When you're in a small place, finding a good counselor can be hard, and then there's the fear of the stigma -- being 12 is hard enough without being The Kid Who Sees A Therapist. I agree, though, that driving to the next town (if that's an option) could definitely be worth it. Where I live, Ala-teen meetings are few and far between, so we've gone the counselor route, and that has worked well for us.

I also let my kids vent. I don't ever speak badly about their father, ever -- but when they say things like "Dad is lazy, when we're at his house, he just sits in front of the ballgame with a beer" or "I hate Dad, he's such a loser"-- I let them. I don't correct them, I don't explain the behavior, I let them talk about what they see. I ask, "so what do you do then?" or "how does it make you feel when he does that?" and sometimes they have an answer, sometimes they don't.

I think for your sanity (it sounds like you're a primary caretaker for this boy right now?), I would recommend finding some good reading material that talks about what living with an alcoholic parent does to kids.
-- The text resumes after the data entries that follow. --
-- ===== src/Engine/Queue.antt =====
-- The dispatch of reactions: its rounds are enough, and with nothing to wait for it is a plain loop.
use sig_topo.Base.{
  ℕ, zero, suc, ◌+◌, ◌≤◌, String, ◌≡◌, refl, ap, Bool, not, Option, none, some, List, [], ◌∷◌, ◌++◌,
  HashMap, lookup, length, length-append, filter, arith, Bool-cases, inl, inr,
}
use sig_topo.Json.{Platform}
use sig_topo.Schema.{ReactionDef}
use sig_topo.Engine.State.{Act, ◌>>◌}
use sig_topo.Engine.Dispatch.{
  Pending, is_empty, is_unblocked, complete_group, after_fire, group_totals, dispatch_loop,
  dispatch_reactions, reached, count_of,
}

pub filter_lengths {ℓ} :
    {A : Type ℓ} (test : A → Bool) (xs : List A)
    → length (filter test xs) + length (filter (λ x. not (test x)) xs) ≡ length xs
filter_lengths test [] = omega arith
filter_lengths test (x ∷ xs) = ground (arith, filter_lengths test xs)

module _ {N : Type 0} where
  -- What becomes ready is no longer waiting.
  pub after_fire_lengths :
      (totals : HashMap ℕ) (group : Option String) (d : Pending N)
      → length (after_fire totals group d).0 + length (after_fire totals group d).1.waiting
        ≡ length d.waiting
  unfolding after_fire complete_group
  after_fire_lengths totals none d = omega arith
  after_fire_lengths totals (some g) d =
      elim (Bool-cases (reached (lookup g totals) (count_of g d.group_done_count + 1))) [
        | inl full ↦ rw full (filter_lengths (is_unblocked (g ∷ d.groups_done)) d.waiting)
        | inr open_group ↦ rw open_group (omega arith)
      ]

  module _ {p : Platform} (fire : ReactionDef N → Act p (Unit {0})) (totals : HashMap ℕ) where
    pub dispatch_loop_fuel :
        (n m : ℕ) (ready : List (ReactionDef N)) (d : Pending N)
        → length ready + length d.waiting ≤ n
        → length ready + length d.waiting ≤ m
        → dispatch_loop n fire totals ready d ≡ dispatch_loop m fire totals ready d
    unfolding dispatch_loop
    dispatch_loop_fuel zero zero [] d hn hm = refl
    dispatch_loop_fuel zero (suc m) [] d hn hm = refl
    dispatch_loop_fuel (suc n) zero [] d hn hm = refl
    dispatch_loop_fuel (suc n) (suc m) [] d hn hm = refl
    dispatch_loop_fuel zero m (r ∷ ready) d hn hm = absurd (omega arith)
    dispatch_loop_fuel (suc n) zero (r ∷ ready) d hn hm = absurd (omega arith)
    dispatch_loop_fuel (suc n) (suc m) (r ∷ ready) d hn hm =
        let next = after_fire totals r.join_group d in
        let sizes = after_fire_lengths totals r.join_group d in
        let total = length-append ready next.0 in
        ap (λ (k : Act p (Unit {0})). fire r >> k)
          (dispatch_loop_fuel n m (ready ++ next.0) next.1 (omega arith) (omega arith))

-- The rounds that `dispatch_reactions` hands out are enough: with any larger number the loop, from
-- the reactions without `requires`, with the others waiting, does the same.
pub dispatch_reactions-fuel :
    {N : Type 0} {p : Platform} (fire : ReactionDef N → Act p (Unit {0}))
    (matched : List (ReactionDef N)) (n : ℕ)
    → length matched ≤ n
    → dispatch_reactions fire matched
      ≡ dispatch_loop n fire
          (group_totals matched [])
          (filter (λ r. is_empty r.requires) matched)
          (record {
            waiting = filter (λ r. not (is_empty r.requires)) matched;
            group_done_count = [];
            groups_done = [];
          })
unfolding dispatch_reactions
dispatch_reactions-fuel {N} fire matched n h =
    let sizes = filter_lengths (λ (r : ReactionDef N). is_empty r.requires) matched in
    dispatch_loop_fuel fire (group_totals matched []) (length matched) n _ _ (omega arith)
      (omega arith)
Maybe hang out in the ACOA section of this forum, too, and see what you can learn there. I can't pull a title out of my brain right now, but I'm sure others will come along with ideas.

This boy is lucky to have you -- because living with an alcoholic messes with your mind, and the fact that you realize this and are reaching out to find ways to help him is awesome.

Edit to add this: Calling AA's helpline is a great idea because they may also be able to recommend a counselor that's not too stinkin' far away...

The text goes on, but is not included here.